Ist für eine individualvertraglich vereinbarte Vertragsstrafenregelung keine absolute Obergrenze festgelegt, so ist diese sittenwidrig und nichtig (IBRRS 2020, 0327; BGB § 138 Abs. 1, § 305 Abs. 1, § 339; VOB/B § 11; OLG München, Beschluss vom 13.07.2018 – 28 U 429/18 Bau; vorhergehend: OLG München, Beschluss vom 18.05.2018 – 28 U 429/18 Bau; LG München I, 23.01.2018 – 5 O 15433/11; nachfolgend: BGH, Beschluss vom 09.10.2019 – VII ZR 166/18 (Nichtzulassungsbeschwerde zurückgewiesen)
Keine Minderleistungen, sondern Mängel liegen vor, wenn notwendige Bescheinigungen, die Bauakte, oder Statistiken fehlen.
Ein Mangel ist auch zu bejahen, wenn lediglich zwei, statt der vereinbarten vier, Türen eingebaut wurden.
Ein Zuschlag für Regiekosten ist nur dann zu berücksichtigen, wenn er konkret begründet wird. Dies ist z. B. bei dem notwendigen Einsatz eines Architekten zu bejahen.
Eine Vertragsstrafe ist bezüglich des ursprünglich vereinbarten Fertigstellungszeitpunkt dann nicht verwirkt, wenn dieser einvernehmlich verschoben wurde.
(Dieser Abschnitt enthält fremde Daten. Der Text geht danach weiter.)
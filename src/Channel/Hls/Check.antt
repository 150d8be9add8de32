-- ===== src/Channel/Hls/Check.antt =====
-- The third pass: when `csm_channel_hls_pass3` accepts the answer of a client.
use cosemlib.Base.{
  ℕ, ◌+◌, ◌-◌, ◌%◌, ◌≤◌, ◌<◌, ◌≡◌, ◌↔◌, refl, sym, ap, ◌∙◌, Bool, true, false, not, ◌&&◌, List, [],
  ◌∷◌, ◌++◌, some, arith, length, take, drop, drop-splice, length-splice, length-append,
  length-take, append_assoc, leb, le→leb, ◌⊎◌, inl, inr, Bool-cases, Returns-map, if◌then◌else◌,
  Returns, Returns-bind, Exec, ret, ◌>>=◌,
}
use cosemlib.Base.Words.{u32_mod, put_be32}
use cosemlib.Array.{Array, unread, writer_jump}
use cosemlib.Array.Bounds.{IsValid}
use cosemlib.Array.Append.{
  append, Emits, Emits->>, write_u8-Emits, write_u32-Emits, write_buff-Emits,
}
use cosemlib.Array.Consume.{skip, Ahead, Ahead-left, read_u8_next, read_u32-Reads}
use cosemlib.Association.{Association, Challenge, Hal}
use cosemlib.Services.{Request}
use cosemlib.Security.{
  SecResult, Gcm, Sealed, on_array, sec_ok, authentication, encryption, auth_decrypt,
}
use cosemlib.Security.Cipher.{key, behind_header}
use cosemlib.Security.Tag.{tag_of, auth_decrypt_lem}
use cosemlib.Security.Untagged.{auth_decrypt_untagged}
use cosemlib.Channel.{Stack}
use cosemlib.Channel.Hls.{
  window, write_challenge, fake_packet, check_answer, sized_answer, on_state, find_state, is_sec_ok,
  max_hls_size, hls_pass3,
}

-- The bytes of a challenge.
abbrev pub bytes_of : Challenge → List ℕ
bytes_of c = take c.size c.value

pub length-bytes_of : (c : Challenge) → c.size ≤ length c.value → length (bytes_of c) ≡ c.size
length-bytes_of c h = omega (arith, length-take c.size c.value)

pub write_challenge-Emits :
    (c : Challenge) → c.size ≤ length c.value → Emits (write_challenge c) (bytes_of c)
unfolding write_challenge
write_challenge-Emits c h = record {
  run = λ a v r. ground (arith, (write_buff-Emits (bytes_of c)).run a v r);
}

-- The header, the challenge, and room for the tag.
abbrev header : ℕ → ℕ → Challenge → List ℕ
header sc ic stoc = ((sc ∷ []) ++ put_be32 ic) ++ bytes_of stoc

fake_packet-run :
    (sc ic : ℕ) (stoc : Challenge) (a : Array)
    → IsValid a
    → stoc.size ≤ length stoc.value
    → a.offset + a.wr_index + (17 + stoc.size) < a.size
    → fake_packet sc ic stoc a
      ≡ ret true
          (record (append (header sc ic stoc) a) { wr_index = a.wr_index + (17 + stoc.size) })
unfolding fake_packet put_be32 writer_jump
fake_packet-run sc ic stoc a v h room =
    let size = length-bytes_of stoc h in
    let front =
      Emits->> (Emits->> (write_u8-Emits sc) (write_u32-Emits ic)) (write_challenge-Emits stoc h) in
    rw (front.run a v (omega (arith, size, room))) (ground (arith, size))

-- The array that `csm_sec_auth_decrypt` gets: the whole packet is ahead in it, with the tag that was received.
record Prepared (sc ic : ℕ) (stoc : Challenge) (received : List ℕ) (w : Array) : Type 0 where
  packet : Array
  run : fake_packet sc ic stoc w ≡ ret true packet
  valid : IsValid packet
  ahead : Ahead (sc ∷ (put_be32 ic ++ (bytes_of stoc ++ received))) packet
  size : unread packet ≡ 17 + stoc.size
  place : packet.offset + packet.rd_index ≡ w.offset

fake_packet-Prepared :
    (sc ic : ℕ) (stoc : Challenge) (received rest : List ℕ) (offset : ℕ) (a : Array)
    → IsValid (window offset a)
    → stoc.size ≤ length stoc.value
    → length received ≡ 12
    → offset + (17 + stoc.size) < a.size
    → drop (offset + (5 + stoc.size)) a.buff ≡ received ++ rest
    → Prepared sc ic stoc received (window offset a)
unfolding put_be32 unread
fake_packet-Prepared sc ic stoc received rest offset a v h twelve room next =
    let w = window offset a in
    let bytes = bytes_of stoc in
    let size = length-bytes_of stoc h in
    let front = header sc ic stoc in
    let total = length-append bytes received in
    let packet = record (append front w) { wr_index = 17 + stoc.size } in
    let wr : 0 + (17 + stoc.size) ≡ 17 + stoc.size = omega arith in
    let place : offset + 0 ≡ offset = omega arith in
    let behind : offset + 0 + length front ≡ offset + (5 + stoc.size) = omega (arith, size) in
    record {
      packet = packet;
      run = rw (fake_packet-run sc ic stoc w v h (omega (arith, room))) (ground (arith, wr));
      valid = omega (arith, v.fits, v.small, length-splice (offset + 0) front a.buff, room);
      ahead = record {
        rest = rest;
        next =
            drop-splice (offset + 0) front a.buff (omega (arith, size, v.fits, room))
            ∙ ap (λ t. front ++ t) (ap (λ k. drop k a.buff) behind ∙ next)
            ∙ ap (λ t. sc ∷ (put_be32 ic ++ t)) (sym (append_assoc bytes received rest));
        written_up = omega (arith, size, total, twelve);
        inside = omega (arith, size, total, twelve, room);
      };
      size = ground arith;
      place = place;
    }

-- The run of the pass over that packet: the array is back in its place, and the result is the one of
-- `csm_sec_auth_decrypt`.
abbrev Decided : {G : Type 0} → (SecResult → Type 0) → ℕ → Bool → Sealed G → Type 0
Decided P offset r s = (c : SecResult) × (r ≡ is_sec_ok c) × P c × (s.array.offset ≡ offset)

is_sec_ok_iff : (c : SecResult) → (is_sec_ok c ≡ true) ↔ (c ≡ sec_ok)
is_sec_ok_iff c = ground arith

-- Whether the control byte asks for authentication alone.
abbrev pub only_authenticates : ℕ → Bool
only_authenticates sc = authentication sc && not (encryption sc)

-- The pass accepts where the control byte does not ask for authentication alone, or where `Tag` holds.
abbrev pub Outcome : {G : Type 0} → Bool → Type 0 → ℕ → Bool → Sealed G → Type 0
Outcome only Tag offset r s = ((r ≡ true) ↔ ((only ≡ false) ⊎ Tag)) × (s.array.offset ≡ offset)

module _ {G : Type 0} (only : Bool) (Tag : Type 0) (offset : ℕ) (run : Exec (Sealed G) Bool) where
  accepts_tag :
      only ≡ true
      → Returns run (Decided (λ c. (c ≡ sec_ok) ↔ Tag) offset)
      → Returns run (Outcome only Tag offset)
  accepts_tag h d =
      Returns-map {P = Decided (λ c. (c ≡ sec_ok) ↔ Tag) offset} (Outcome only Tag offset) run d
        (λ r s (c, e, p, o). (
          (
            (λ yes_r. inr (p.0 ((is_sec_ok_iff c).0 (sym e ∙ yes_r)))),
            (λ side. elim side [ inl other ↦ cc | inr tag ↦ e ∙ (is_sec_ok_iff c).1 (p.1 tag) ]),
          ),
          o,
        ))

  accepts_any :
      only ≡ false
      → Returns run (Decided (λ c. c ≡ sec_ok) offset)
      → Returns run (Outcome only Tag offset)
  accepts_any h d =
      Returns-map {P = Decided (λ c. c ≡ sec_ok) offset} (Outcome only Tag offset) run d
        (λ r s (c, e, p, o). (((λ yes_r. inl h), (λ side. e ∙ (is_sec_ok_iff c).1 p)), o))

module _ {G : Type 0} (hal : Hal) (gcm : Gcm G) (request : Request) where
  check_answer-Decided :
      (P : SecResult → Type 0) (asso : Association) (sc ic : ℕ) (received rest : List ℕ) (a : Array)
      (ctx : G)
      → IsValid a
      → length received ≡ 12
      → drop (a.offset + a.rd_index) a.buff ≡ received ++ rest
      → a.offset + a.rd_index + 12 < a.size
      → 5 + asso.handshake.stoc.size ≤ a.offset + a.rd_index
      → asso.handshake.stoc.size ≤ length asso.handshake.stoc.value
      → ((p : Array)
          → IsValid p
          → Ahead (sc ∷ (put_be32 ic ++ (bytes_of asso.handshake.stoc ++ received))) p
          → unread p ≡ 17 + asso.handshake.stoc.size
          → p.offset + p.rd_index ≡ a.offset + a.rd_index - (5 + asso.handshake.stoc.size)
          → Returns
              (auth_decrypt gcm request asso.client_app_title hal.junk hal.junk
                (record { array = p; context = ctx }))
              (λ c s. P c))
      → Returns
          (check_answer hal gcm request asso sc ic (record { array = a; context = ctx }))
          (Decided P a.offset)
  unfolding check_answer
  check_answer-Decided P asso sc ic received rest a ctx v twelve next room before h use_packet =
      let stoc = asso.handshake.stoc in
      let offset = a.offset + a.rd_index - (5 + stoc.size) in
      let place : (a.offset + a.rd_index + u32_mod - (5 + stoc.size)) % u32_mod ≡ offset =
        omega (arith, v.small, before, room) in
      let w : IsValid (window offset a) = omega (arith, v.fits, v.small, room) in
      let here : offset + (5 + stoc.size) ≡ a.offset + a.rd_index = omega (arith, before) in
      let ready =
        fake_packet-Prepared sc ic stoc received rest offset a w h twelve
          (omega (arith, before, room)) (ap (λ k. drop k a.buff) here ∙ next) in
      rw (◌>>=◌, place, on_array, ready.run)
        (Returns-bind (Decided P a.offset)
          (auth_decrypt gcm request asso.client_app_title hal.junk hal.junk
            (record { array = ready.packet; context = ctx }))
          _ (use_packet ready.packet ready.valid ready.ahead ready.size ready.place)
          (λ c s p. (c, refl, p, refl)))

  -- An answer of the right length, behind enough room, in a buffer that it does not fill, on a channel with an
  -- association whose challenge has 1 to 64 bytes, with a key of 16 bytes: `csm_channel_hls_pass3` returns with
  -- the array in its place, and accepts it exactly when its control byte does not ask for authentication alone
  -- or its 12 last bytes are the first 12 of the tag that the cipher gives for the vector of the client's
  -- title and the counter, with the control byte, the key and the server's challenge as its data.
  pub hls_pass3_lem :
      (stack : Stack) (asso : Association) (sc ic : ℕ) (received : List ℕ) (a : Array) (ctx : G)
      → IsValid a
      → Ahead (sc ∷ (put_be32 ic ++ received)) a
      → unread a ≡ 17
      → length received ≡ 12
      → ic < u32_mod
      → max_hls_size ≤ a.offset
      → find_state stack request ≡ some asso
      → asso.handshake.stoc.size ≤ length asso.handshake.stoc.value
      → 1 ≤ asso.handshake.stoc.size
      → asso.handshake.stoc.size ≤ 64
      → length (key gcm request) ≡ 16
      → Returns (hls_pass3 hal gcm request stack (record { array = a; context = ctx })) (
          Outcome
            (only_authenticates sc)
            (take 12 (
                tag_of gcm request
                  (take 8 asso.client_app_title ++ put_be32 ic)
                  (sc ∷ key gcm request ++ bytes_of asso.handshake.stoc)
                  ctx)
              ≡ received)
            a.offset)
  unfolding hls_pass3 sized_answer put_be32 unread
  hls_pass3_lem stack asso sc ic received a ctx v h n twelve small high found long nonempty short
        k =
      let b = skip 4 (skip 1 a) in
      let (vb, behind) = behind_header sc ic received v h in
      let first = read_u8_next sc (put_be32 ic ++ received) v h in
      let ahead = Ahead-left (put_be32 ic) received first.2 in
      let counter = (read_u32-Reads ic small).run _ first.1 ahead in
      let iv = take 8 asso.client_app_title ++ put_be32 ic in
      let challenge = bytes_of asso.handshake.stoc in
      let length_c = length-bytes_of asso.handshake.stoc long in
      let total = length-append challenge received in
      let Tag =
        (take 12 (tag_of gcm request iv (sc ∷ key gcm request ++ challenge) ctx) ≡ received) in
      let run = check_answer hal gcm request asso sc ic (record { array = b; context = ctx }) in
      let size : unread b ≡ 12 = ground (arith, n) in
      let room : leb max_hls_size a.offset ≡ true = le→leb _ _ high in
      rw (◌>>=◌, on_array, first.0, counter, size, room, if◌then◌else◌, on_state, found)
        (elim (Bool-cases (only_authenticates sc)) [
          | inl only ↦ accepts_tag (only_authenticates sc) Tag a.offset run only (
              check_answer-Decided (λ c. (c ≡ sec_ok) ↔ Tag) asso sc ic received behind.rest b ctx
                vb twelve behind.next (omega (arith, behind.inside, twelve))
                (omega (arith, high, short)) long
                (λ p vp hp np place.
                  auth_decrypt_lem gcm request asso.client_app_title sc ic hal.junk hal.junk
                    challenge received p ctx vp hp (omega (arith, np, length_c)) twelve small
                    (ground (arith, only)) (ground (arith, only)) k
                    (omega (arith, place, high, short))))
          | inr other ↦ accepts_any (only_authenticates sc) Tag a.offset run other (
              check_answer-Decided (λ c. c ≡ sec_ok) asso sc ic received behind.rest b ctx vb twelve
                behind.next (omega (arith, behind.inside, twelve)) (omega (arith, high, short)) long
                (λ p vp hp np place.
                  auth_decrypt_untagged gcm request asso.client_app_title sc ic hal.junk hal.junk
                    (challenge ++ received) p ctx vp hp (omega (arith, np, total, length_c, twelve))
                    (λ _. omega (arith, total, length_c, twelve, nonempty)) small other k
                    (omega (arith, place, high, short))))
        ])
Für etwaige neue Fertigstellungstermine gilt die Vertragsstrafe nicht automatisch, sondern nur dann, wenn sie ausdrücklich auch für diesen verschobenen Termin vereinbart wurde.
Ob die Vereinbarung einer Vertragsstrafe auch Bestand hat, wenn Vertragstermine einvernehmlich zwischen den Parteien geändert werden, hängt im Wesentlichen von der Formulierung der Vertragsstrafenvereinbarung im Einzelfall, sowie der Bedeutung der jeweiligen Terminverschiebung ab. Für eine Weitergeltung der Vertragsstrafenregelung auf eine neu vereinbarte Ausführungsfrist spricht es, wenn die Vertragsstrafenvereinbarung terminneutral formuliert wurde.
Eine vereinbarte Vertragsstrafenregelung wird insgesamt hinfällig, wenn auftraggeberseits bedingte Verzögerungen den Zeitplan völlig aus dem Takt gebracht haben und den Auftragnehmer zu einer durchgreifenden Neuordnung des gesamten Terminablaufs zwingen (BGB §§ 339, 633, 634 Nr. 2, § 637; VOB/B §§ 11, 13 Nr. 5; OLG Düsseldorf, Urteil vom 07.04.2016 – 5 U 81/15; vorhergehend: LG Düsseldorf, 03.06.2015 – 11 O 80/14).
Im Fall von Instandsetzungsarbeiten besteht eine Ankündigungspflicht des Vermieters gegenüber seinen Mietern.
Die nicht berechtigte Forderung eines Mieters, eine Vertragsstrafe für den Fall der verspäteten Fertigstellung der Instandsetzung zu vereinbaren, begründet für sich genommen nicht den Vorwurf einer erheblichen Pflichtverletzung, welche eine fristlose Kündigung rechtfertigen könnte (BGB §§ 242, 546, 555a, 573 Abs. 1, 2 Nr. 1; LG Berlin, Urteil vom 17.03.2016 – 65 S 289/15; vorhergehend:AG Tempelhof-Kreuzberg, 02.07.2015 – 8 C 39/15).